То, что вызывало прилив радостного возбуждения в тесной машине, в его ласкающих объятиях, то, что было счастьем и наполнением в её пригашенном кристалле, сейчас не вызывало ровным счётом ничего. Ни ответного влечения, ни неприятия. Было ли это от яркого и в то же время мертвенного света отсека, но она отстранённо подумала обо всём происходящем как о непристойности и животной неприкрытой сути всего того, что и есть любовь полов.
Как же прежде могла она видеть в устремлении к себе того, пугающе огромного, чему умела давать только ласкающие обозначения, неуместные сейчас, нечто красивое и желанное? Не было никакой любви к тому, что и было к ней прижато и пульсировало где-то у самой её груди, сливаясь с пульсацией, словно падающего вниз, сердца.
— Что с тобой? — прозвучал его тревожный голос у самого её уха.

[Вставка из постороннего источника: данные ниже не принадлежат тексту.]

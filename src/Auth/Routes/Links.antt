-- ===== src/Auth/Routes/Links.antt =====
-- Where a link to join a lobby ends, by the guards of Auth/Routes.
use dot_and_boxes.Prelude.{
  ℕ, suc, ◌+◌, ◌≡◌, ◌≢◌, refl, ap, ◌∙◌, inl, inr, true, false, Option, none, some, if◌then◌else◌,
  arith, Bool-cases, Option-cases,
}
use dot_and_boxes.Prelude.Text.{Text}
use dot_and_boxes.Lobby.Display.{has_completed_lobby_name_prompt}
use dot_and_boxes.Lobby.Requests.{Response, resolved, rejected}
use dot_and_boxes.Auth.{
  User, Identity, storage_works, cache_me, read_cached_me, guest_login, ensured_by, ensure_me,
  ensure_guest_session,
}
use dot_and_boxes.Auth.Routes.{
  Site, Location, at_choose_name, at_login, at_join, at_lobby, Visit, stays, goes, guided,
  join_path, href_of, lobby_or_name, started, Arrives, ensured, after_guest, with_guest,
  name_prompt, asked_me, guard_login, guard_join, run_guards, follow, after_login,
}

module _ (site : Site) where
  open site use {stringify, parse, resolve, answer}

  known_ensured :
      (w : Identity) (u : User)
      → w.me ≡ some (some u)
      → ensured site w ≡ record { asked = false; returned = true; after = w }
  unfolding ensure_guest_session
  known_ensured w u e = rw e

  follow-stays :
      (f : ℕ) (v w : Visit) → run_guards site v ≡ stays w → follow site (suc f) v ≡ some w
  unfolding follow
  follow-stays f v w h = rw (h, follow)

  follow-goes :
      (f : ℕ) (v w : Visit) → run_guards site v ≡ goes w → follow site (suc f) v ≡ follow site f w
  unfolding follow
  follow-goes f v w h = rw (h, follow)

  with_guest-known :
      (next : Identity → Option Location) (failed l : Location) (w : Identity) (n : ℕ) (u : User)
      → w.me ≡ some (some u)
      → with_guest site next failed (record { at = l; identity = w; guests = n })
        ≡ guided (next w) (record { at = l; identity = w; guests = n })
  with_guest-known next failed l w n u e =
      ap (after_guest site next failed (record { at = l; identity = w; guests = n }))
        (known_ensured w u e)

  -- A user who is known gets there with no request.
  known_lobby :
      (id : Text) (w : Identity) (n : ℕ) (u : User)
      → w.me ≡ some (some u)
      → follow site 2 (record { at = at_lobby id; identity = w; guests = n })
        ≡ some (record { at = lobby_or_name id w; identity = w; guests = n })
  unfolding run_guards
  known_lobby id w n u e = elim (Bool-cases (has_completed_lobby_name_prompt w.session)) [
    | inl named ↦ rw named (
        follow-stays 1 (record { at = at_lobby id; identity = w; guests = n })
          (record { at = at_lobby id; identity = w; guests = n })
          (with_guest-known (name_prompt site) (at_login (some (href_of (at_lobby id))))
              (at_lobby id) w n u e
            ∙ (rw named)))
    | inr unnamed ↦ rw unnamed (
        follow-goes 1 (record { at = at_lobby id; identity = w; guests = n })
          (record { at = at_choose_name; identity = w; guests = n })
          (with_guest-known (name_prompt site) (at_login (some (href_of (at_lobby id))))
              (at_lobby id) w n u e
            ∙ (rw unnamed))
        ∙ follow-stays 0 _ _ (
            with_guest-known (λ _. none) (at_login (some (href_of at_choose_name))) at_choose_name w
              n u e))
  ]

  pub me_is : (w : Identity) → (ensure_me parse w).1.me ≡ some (ensure_me parse w).0
  me_is w = elim (Option-cases w.me) [
    | inl e ↦ rw (e, ensure_me)
    | inr (o, e) ↦ rw (e, ensure_me) (e)
  ]

  me_session : (w : Identity) → (ensure_me parse w).1.session ≡ w.session
  me_session w = elim (Option-cases w.me) [
    | inl e ↦ rw (e, ensure_me)
    | inr (o, e) ↦ rw (e, ensure_me)
  ]

  ensured_new :
      (w : Identity)
      → w.me ≡ some none
      → ensured site w ≡ ensured_by (guest_login stringify answer w)
  unfolding ensure_guest_session
  ensured_new w e = rw e

  join_known :
      (id : Text) (w : Identity) (n : ℕ) (u : User)
      → (ensure_me parse w).0 ≡ some u
      → Arrives (lobby_or_name id w) n (follow site 3 (started (at_join id) w n))
  unfolding run_guards
  join_known id w n u h =
      let w' = (ensure_me parse w).1 in
      let known : w'.me ≡ some (some u) = me_is w ∙ ap some h in
      let first =
        follow-goes 2 (started (at_join id) w n) (started (at_lobby id) w' n)
          (ap (λ o. guard_join site id o (asked_me site (started (at_join id) w n))) h) in
      rw (first, known_lobby id w' n u known, me_session w) (refl, omega arith)

  cache_session : (u : User) (w : Identity) → (cache_me stringify u w).session ≡ w.session
  unfolding cache_me
  cache_session u w = elim (Bool-cases (storage_works w)) [ inl y ↦ rw y | inr n ↦ rw n ]

  -- The identity after a guest was made.
  abbrev with_me : User → Identity → Identity
  with_me u w = record (cache_me stringify u w) { me = some (some u) }

  ensured_made :
      (w : Identity) (u : User)
      → w.me ≡ some none
      → answer ≡ resolved u
      → ensured site w ≡ record { asked = true; returned = true; after = with_me u w }
  unfolding guest_login
  ensured_made w u e a = ensured_new w e ∙ (rw a)

  ensured_refused :
      (w : Identity)
      → w.me ≡ some none
      → ((u : User) → answer ≢ resolved u)
      → ensured site w ≡ record { asked = true; returned = false; after = w }
  unfolding guest_login
  ensured_refused w e a = ensured_new w e ∙ by_answer answer a
    where
      by_answer :
          (r : Response User)
          → ((u : User) → r ≢ resolved u)
          → ensured_by (guest_login stringify r w)
            ≡ record { asked = true; returned = false; after = w }
      by_answer (resolved u) n = absurd (n u refl)
      by_answer (rejected t) n = refl

  join_new :
      (id : Text) (w : Identity) (n : ℕ) (u : User)
      → (ensure_me parse w).0 ≡ none
      → answer ≡ resolved u
      → Arrives (lobby_or_name id w) (suc n) (follow site 3 (started (at_join id) w n))
  unfolding run_guards
  join_new id w n u h a =
      let w' = (ensure_me parse w).1 in
      let empty : w'.me ≡ some none = me_is w ∙ ap some h in
      let first =
        follow-goes 2 (started (at_join id) w n)
          (record { at = at_lobby id; identity = with_me u w'; guests = suc n })
          (ap (λ o. guard_join site id o (asked_me site (started (at_join id) w n))) h
            ∙ ap
                (after_guest site (λ _. some (at_lobby id)) (at_login (some (join_path id)))
                  (started (at_join id) w' n))
                (ensured_made w' u empty a)) in
      rw (first, known_lobby id (with_me u w') (suc n) u refl, cache_session u w', me_session w)
        (refl, omega arith)

  me_known : (v : Identity) (o : Option User) → v.me ≡ some o → ensure_me parse v ≡ (o, v)
  me_known v o e =
      ap
        (λ m. elim m as (λ _. Option User × Identity) [
          | some u ↦ (u, v)
          | none ↦ (read_cached_me parse v, record v { me = some (read_cached_me parse v) })
        ])
        e

  join_refused :
      (id : Text) (w : Identity) (n : ℕ)
      → (ensure_me parse w).0 ≡ none
      → ((u : User) → answer ≢ resolved u)
      → follow site 3 (started (at_join id) w n)
        ≡ some (record {
          at = at_login (some (join_path id));
          identity = (ensure_me parse w).1;
          guests = suc n;
        })
  unfolding run_guards
  join_refused id w n h a =
      let w' = (ensure_me parse w).1 in
      let empty : w'.me ≡ some none = me_is w ∙ ap some h in
      let login : Visit = record {
        at = at_login (some (join_path id));
        identity = w';
        guests = suc n;
      } in
      let first = follow-goes 2 (started (at_join id) w n) login (
        ap (λ o. guard_join site id o (asked_me site (started (at_join id) w n))) h
        ∙ ap
            (after_guest site (λ _. some (at_lobby id)) (at_login (some (join_path id)))
              (started (at_join id) w' n))
            (ensured_refused w' empty a)) in
      let again = me_known w' none empty in
      let last = follow-stays 1 login login (
        ap (λ p. guard_login site (some (join_path id)) p.0 (record login { identity = p.1 }))
          again) in
      first ∙ last

  weaken : (l : Location) (n : ℕ) (o : Option Visit) → Arrives l n o → Arrives l (suc n) o
  weaken l n none h = h
  weaken l n (some v) (at, few) = (at, omega (arith, few))

  -- A link to join a lobby, with a server that makes guests, ends at the lobby after one redirect, or
  -- after two at the page of the name for a user whose session has no name yet, whatever the query and the
  -- storage hold; the server is asked for one guest at most.
  pub join_link-Arrives :
      (id : Text) (w : Identity) (n : ℕ) (u : User)
      → answer ≡ resolved u
      → Arrives (lobby_or_name id w) (suc n) (follow site 3 (started (at_join id) w n))
  join_link-Arrives id w n u a = elim (Option-cases (ensure_me parse w).0) [
    | inl new ↦ join_new id w n u new a
    | inr (x, known) ↦
        weaken (lobby_or_name id w) n (follow site 3 (started (at_join id) w n))
          (join_known id w n x known)
  ]

-- Where the query knows no user and the server makes no guest, such a link ends at the login page, which
-- keeps it. Once the server has made a guest there, and if the router takes the kept path for the link, the
-- user gets to the lobby, or to the page of the name, all the same, with three requests at most in all.
pub refused_link_survives :
    (site : Site) (id : Text) (w : Identity) (n : ℕ) (u : User)
    → (ensure_me site.parse w).0 ≡ none
    → ((x : User) → site.answer ≢ resolved x)
    → site.resolve (join_path id) ≡ at_join id
    → (v : Visit) × (follow site 3 (started (at_join id) w n) ≡ some v)
      × (v.at ≡ at_login (some (join_path id)))
      × Arrives
          (lobby_or_name id w)
          (n + 3)
          (follow (record site { answer = resolved u }) 3 (after_login site u v))
unfolding after_login
refused_link_survives site id w n u new no_guest path =
    let v : Visit = record {
      at = at_login (some (join_path id));
      identity = (ensure_me site.parse w).1;
      guests = suc n;
    } in
    let w' = (after_login site u v).identity in
    let arrives =
      join_link-Arrives (record site { answer = resolved u }) id w' (suc (suc n)) u refl in
    let same_place : lobby_or_name id w' ≡ lobby_or_name id w =
      ap (λ s. if has_completed_lobby_name_prompt s then at_lobby id else at_choose_name)
        (cache_session site u (ensure_me site.parse w).1 ∙ me_session site w) in
    let three : suc (suc (suc n)) ≡ n + 3 = omega arith in
    let there : Arrives (lobby_or_name id w) (n + 3)
        (follow (record site { answer = resolved u }) 3 (started (at_join id) w' (suc (suc n)))) =
      rw (← same_place, ← three) arrives in
    (v, join_refused site id w n new no_guest, refl, rw path there)
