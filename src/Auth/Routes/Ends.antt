-- ===== src/Auth/Routes/Ends.antt =====
-- That the redirects of the guards of Auth/Routes end, and where.
use dot_and_boxes.Prelude.{
  ℕ, zero, suc, ◌+◌, ◌*◌, ◌≤◌, ◌<◌, ◌≡◌, refl, ap, ◌∙◌, ◌⊎◌, inl, inr, true, false, Option, none,
  some, length, arith, Bool-cases, Option-cases,
}
use dot_and_boxes.Prelude.Text.{Text}
use dot_and_boxes.Lobby.Display.{has_completed_lobby_name_prompt}
use dot_and_boxes.Lobby.Requests.{Response, resolved, rejected}
use dot_and_boxes.Auth.{
  User, Identity, guest_login, Ensured, ensured_by, ensure_me, ensure_guest_session,
}
use dot_and_boxes.Auth.Routes.{
  Site, Location, at_index, at_play, at_choose_name, at_register, at_login, at_join, at_lobby,
  at_history, at_leaderboard, at_about, at_replay, at_game, at_no_route, Visit, Guarded, stays,
  goes, guided, ensured, with_guest, name_prompt, join_path, guards_of, guard_login, guard_join,
  asked_me, run_guards, follow,
}
use dot_and_boxes.Auth.Routes.Links.{me_is}

abbrev login_left : Option Text → ℕ
login_left none = 4
login_left (some t) = 2 * length t + 6

-- The guards that a place leads to at most; a login page without a user stays.
abbrev pub left : Location → Option (Option User) → ℕ
left at_choose_name me = 2
left at_play me = 3
left (at_lobby id) me = 3
left at_history me = 2
left (at_replay id) me = 2
left (at_game id) me = 1
left at_leaderboard me = 1
left at_about me = 1
left (at_no_route path) me = 1
left at_index me = 4
left (at_join id) me = 4
left (at_register q) me = suc (login_left q)
left (at_login q) (some none) = 1
left (at_login q) _ = login_left q

abbrev pub left_of : Visit → ℕ
left_of v = left v.at v.identity.me

-- The search of a path that leads to the login page is shorter than the path.
abbrev pub IsShorter : Text → Location → Type 0
IsShorter t (at_login (some q)) = length q < length t
IsShorter t (at_register (some q)) = length q < length t
IsShorter t _ = Unit {0}

abbrev pub HasUser : Identity → Type 0
HasUser w = (u : User) × (w.me ≡ some (some u))

-- The places that are shown: the login page without a user, those below `_authenticated` with one, who
-- has a name on the pages that ask for it, and those without a guard.
abbrev pub IsAdmitted : Location → Identity → Type 0
IsAdmitted (at_login q) w = w.me ≡ some none
IsAdmitted at_choose_name w = HasUser w
IsAdmitted at_history w = HasUser w
IsAdmitted (at_replay id) w = HasUser w
IsAdmitted (at_game id) w = Unit {0}
IsAdmitted at_leaderboard w = Unit {0}
IsAdmitted at_about w = Unit {0}
IsAdmitted (at_no_route path) w = Unit {0}
IsAdmitted at_play w = HasUser w × (has_completed_lobby_name_prompt w.session ≡ true)
IsAdmitted (at_lobby id) w = HasUser w × (has_completed_lobby_name_prompt w.session ≡ true)
IsAdmitted at_index w = ⊥
IsAdmitted (at_join id) w = ⊥
IsAdmitted (at_register q) w = ⊥

-- The guards admit the visit, or redirect it to a place with fewer guards left.
abbrev Progresses : ℕ → Guarded → Type 0
Progresses n (stays w) = IsAdmitted w.at w.identity
Progresses n (goes w) = left_of w < n

left-le :
    (t : Text) (l : Location) (me : Option (Option User))
    → IsShorter t l
    → left l me < 2 * length t + 6
left-le t at_index me h = omega arith
left-le t at_play me h = omega arith
left-le t at_choose_name me h = omega arith
left-le t (at_register none) me h = omega arith
left-le t (at_register (some q)) me h = omega (arith, h)
left-le t (at_login q) (some none) h = omega arith
left-le t (at_login none) none h = omega arith
left-le t (at_login none) (some (some u)) h = omega arith
left-le t (at_login (some q)) none h = omega (arith, h)
left-le t (at_login (some q)) (some (some u)) h = omega (arith, h)
left-le t (at_join id) me h = omega arith
left-le t (at_lobby id) me h = omega arith
left-le t at_history me h = omega arith
left-le t (at_replay id) me h = omega arith
left-le t (at_game id) me h = omega arith
left-le t at_leaderboard me h = omega arith
left-le t at_about me h = omega arith
left-le t (at_no_route path) me h = omega arith

left_login-le : (q : Option Text) (me : Option (Option User)) → left (at_login q) me ≤ login_left q
left_login-le q none = omega arith
left_login-le none (some none) = omega arith
left_login-le (some t) (some none) = omega arith
left_login-le q (some (some u)) = omega arith

left_pos : (l : Location) (me : Option (Option User)) → 0 < left l me
left_pos at_index me = omega arith
left_pos at_play me = omega arith
left_pos at_choose_name me = omega arith
left_pos (at_register q) me = omega arith
left_pos (at_login q) (some none) = omega arith
left_pos (at_login none) none = omega arith
left_pos (at_login (some t)) none = omega arith
left_pos (at_login none) (some (some u)) = omega arith
left_pos (at_login (some t)) (some (some u)) = omega arith
left_pos (at_join id) me = omega arith
left_pos (at_lobby id) me = omega arith
left_pos at_history me = omega arith
left_pos (at_replay id) me = omega arith
left_pos (at_game id) me = omega arith
left_pos at_leaderboard me = omega arith
left_pos at_about me = omega arith
left_pos (at_no_route path) me = omega arith

-- The router ends at a place that is shown.
abbrev pub IsShown : Option Visit → Type 0
IsShown none = ⊥
IsShown (some w) = IsAdmitted w.at w.identity

module _ (site : Site) where
  open site use {stringify, parse, resolve, answer}

  -- A call of `ensureGuestSession` returns with a user, or throws and leaves none.
  abbrev EndsWell : Ensured → Type 0
  EndsWell e =
      ((e.returned ≡ true) × (HasUser e.after)) ⊎ ((e.returned ≡ false) × (e.after.me ≡ some none))

  ensured_by-EndsWell :
      (r : Response User) (w : Identity)
      → w.me ≡ some none
      → EndsWell (ensured_by (guest_login stringify r w))
  unfolding guest_login
  ensured_by-EndsWell (resolved u) w h = inl (refl, (u, refl))
  ensured_by-EndsWell (rejected e) w h = inr (refl, h)

  ensured-EndsWell : (w : Identity) → EndsWell (ensured site w)
  unfolding ensure_guest_session
  ensured-EndsWell w = elim (Option-cases (ensure_me parse w).0) [
    | inr (u, e) ↦ rw (e, ensure_guest_session) (inl (refl, (u, me_is site w ∙ ap some e)))
    | inl e ↦
        rw (e, ensure_guest_session)
          (ensured_by-EndsWell answer (ensure_me parse w).1 (me_is site w ∙ ap some e))
  ]

  with_guest-Progresses :
      (next : Identity → Option Location) (q : Option Text) (v : Visit) (n : ℕ)
      → 1 < n
      → ((w : Visit) → w.at ≡ v.at → HasUser w.identity → Progresses n (guided (next w.identity) w))
      → Progresses n (with_guest site next (at_login q) v)
  with_guest-Progresses next q v n h k = elim (ensured-EndsWell v.identity) [
    | inl (r, m) ↦ rw r (k _ refl m)
    | inr (r, m) ↦ rw (r, m) h
  ]

  -- The guard of a page that asks for a name.
  name_prompt-Progresses :
      (l : Location) (w : Visit)
      → w.at ≡ l
      → ((i : Identity)
          → HasUser i
          → has_completed_lobby_name_prompt i.session ≡ true
          → IsAdmitted l i)
      → HasUser w.identity
      → Progresses 3 (guided (name_prompt site w.identity) w)
  name_prompt-Progresses l w e admitted u =
      elim (Bool-cases (has_completed_lobby_name_prompt w.identity.session)) [
        | inl named ↦ rw (named, e) (admitted w.identity u named)
        | inr unnamed ↦ rw unnamed (omega arith)
      ]

  left-login :
      (q : Option Text) (w : Identity) (u : User)
      → (ensure_me parse w).0 ≡ some u
      → left (at_login q) w.me ≡ login_left q
  left-login q w u h = elim (Option-cases w.me) [
    | inl e ↦ rw e
    | inr (none, e) ↦ absurd (ground (arith, h, e))
    | inr (some x, e) ↦ rw e
  ]

  guard_login-Progresses :
      ((t : Text) → IsShorter t (resolve t))
      → (q : Option Text) (me : Option User) (v : Visit) (n : ℕ) → v.at ≡ at_login q
      → v.identity.me ≡ some me
      → ((u : User) → me ≡ some u → n ≡ login_left q)
      → Progresses n (guard_login site q me v)
  guard_login-Progresses shorter q none v n a e h = rw a e
  guard_login-Progresses shorter none (some u) v n a e h = rw (h u refl) (omega arith)
  guard_login-Progresses shorter (some t) (some u) v n a e h =
      rw (h u refl) (left-le t (resolve t) v.identity.me (shorter t))

  guard_join-Progresses :
      (id : Text) (me : Option User) (v : Visit) → Progresses 4 (guard_join site id me v)
  guard_join-Progresses id (some u) v = omega arith
  guard_join-Progresses id none v =
      with_guest-Progresses (λ _. some (at_lobby id)) (some (join_path id)) v 4 (omega arith)
        (λ w e u. omega arith)

  guards_of-Progresses :
      ((t : Text) → IsShorter t (resolve t))
      → (l : Location) (v : Visit) → v.at ≡ l
      → Progresses (left l v.identity.me) (guards_of site l v)
  guards_of-Progresses shorter at_index v a = omega arith
  guards_of-Progresses shorter (at_register q) v a = omega (arith, left_login-le q v.identity.me)
  guards_of-Progresses shorter (at_login q) v a =
      guard_login-Progresses shorter q (ensure_me parse v.identity).0 (asked_me site v) _ a
        (me_is site v.identity) (λ u e. left-login q v.identity u e)
  guards_of-Progresses shorter (at_join id) v a =
      guard_join-Progresses id (ensure_me parse v.identity).0 (asked_me site v)
  guards_of-Progresses shorter (at_lobby id) v a =
      with_guest-Progresses (name_prompt site) _ v 3 (omega arith)
        (λ w e u. name_prompt-Progresses (at_lobby id) w (e ∙ a) (λ i x n. (x, n)) u)
  guards_of-Progresses shorter at_play v a =
      with_guest-Progresses (name_prompt site) _ v 3 (omega arith)
        (λ w e u. name_prompt-Progresses at_play w (e ∙ a) (λ i x n. (x, n)) u)
  guards_of-Progresses shorter at_choose_name v a =
      with_guest-Progresses (λ _. none) _ v 2 (omega arith) (λ w e u. rw (e ∙ a) u)
  guards_of-Progresses shorter at_history v a =
      with_guest-Progresses (λ _. none) _ v 2 (omega arith) (λ w e u. rw (e ∙ a) u)
  guards_of-Progresses shorter (at_replay id) v a =
      with_guest-Progresses (λ _. none) _ v 2 (omega arith) (λ w e u. rw (e ∙ a) u)
  guards_of-Progresses shorter (at_game id) v a = rw a tt
  guards_of-Progresses shorter at_leaderboard v a = rw a tt
  guards_of-Progresses shorter at_about v a = rw a tt
  guards_of-Progresses shorter (at_no_route path) v a = rw a tt

  ended_by :
      (follow_on : Visit → Option Visit) (n : ℕ) (g : Guarded)
      → Progresses n g
      → ((w : Visit) → left_of w < n → IsShown (follow_on w))
      → IsShown (elim g as (λ _. Option Visit) [ stays w ↦ some w | goes w ↦ follow_on w ])
  ended_by follow_on n (stays w) p on = p
  ended_by follow_on n (goes w) p on = on w p

  -- Where the search of a path that leads to the login page, or to the page of registration, is shorter
  -- than the path, the router ends after it ran at most as many guards as `left_of` says: two for each
  -- character of the redirect of a login and 7 more, and 4 at any place but these two pages. It ends
  -- at the login page without a user; at the page of the name, the history or a replay with a user; at
  -- /play or a lobby with a user who has chosen a name; or at a place that asks for no user: a game, the
  -- leaderboard, the page about the site, or a path of no route.
  pub follow-IsShown :
      ((t : Text) → IsShorter t (resolve t))
      → (fuel : ℕ) (v : Visit) → left_of v ≤ fuel
      → IsShown (follow site fuel v)
  unfolding follow run_guards
  follow-IsShown shorter zero v h = absurd (omega (arith, left_pos v.at v.identity.me, h))
  follow-IsShown shorter (suc fuel) v h =
      ended_by (follow site fuel) (left_of v) (guards_of site v.at v)
        (guards_of-Progresses shorter v.at v refl)
        (λ w p. follow-IsShown shorter fuel w (omega (arith, p, h)))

Он прижал губы к её губам и резко отпрянул, — Что это… что за дрянь ты пила? Мать Воду?! Но откуда …
— Ласкира дала, — пролепетала она, отворачиваясь. Это существо и тот человек из машины и последующих снов — не снов, они были разными.
— Пусти, я уйду, я лучше забуду тебя! — Нэя упиралась руками в его грудь, не допуская опасного приближения. — Мне уже не нужна твоя пирамида из хрусталя! — но сзади была странная постель, и она села.
— Что случилось, лягушонок? — спросил он, вглядываясь в её расширяющиеся зрачки. Синие глаза стали почти чёрными, — Ты благоухаешь, как надводный цветок… у меня даже голова туманится…
— Сам же хотел, чтобы я и стала надводным цветком…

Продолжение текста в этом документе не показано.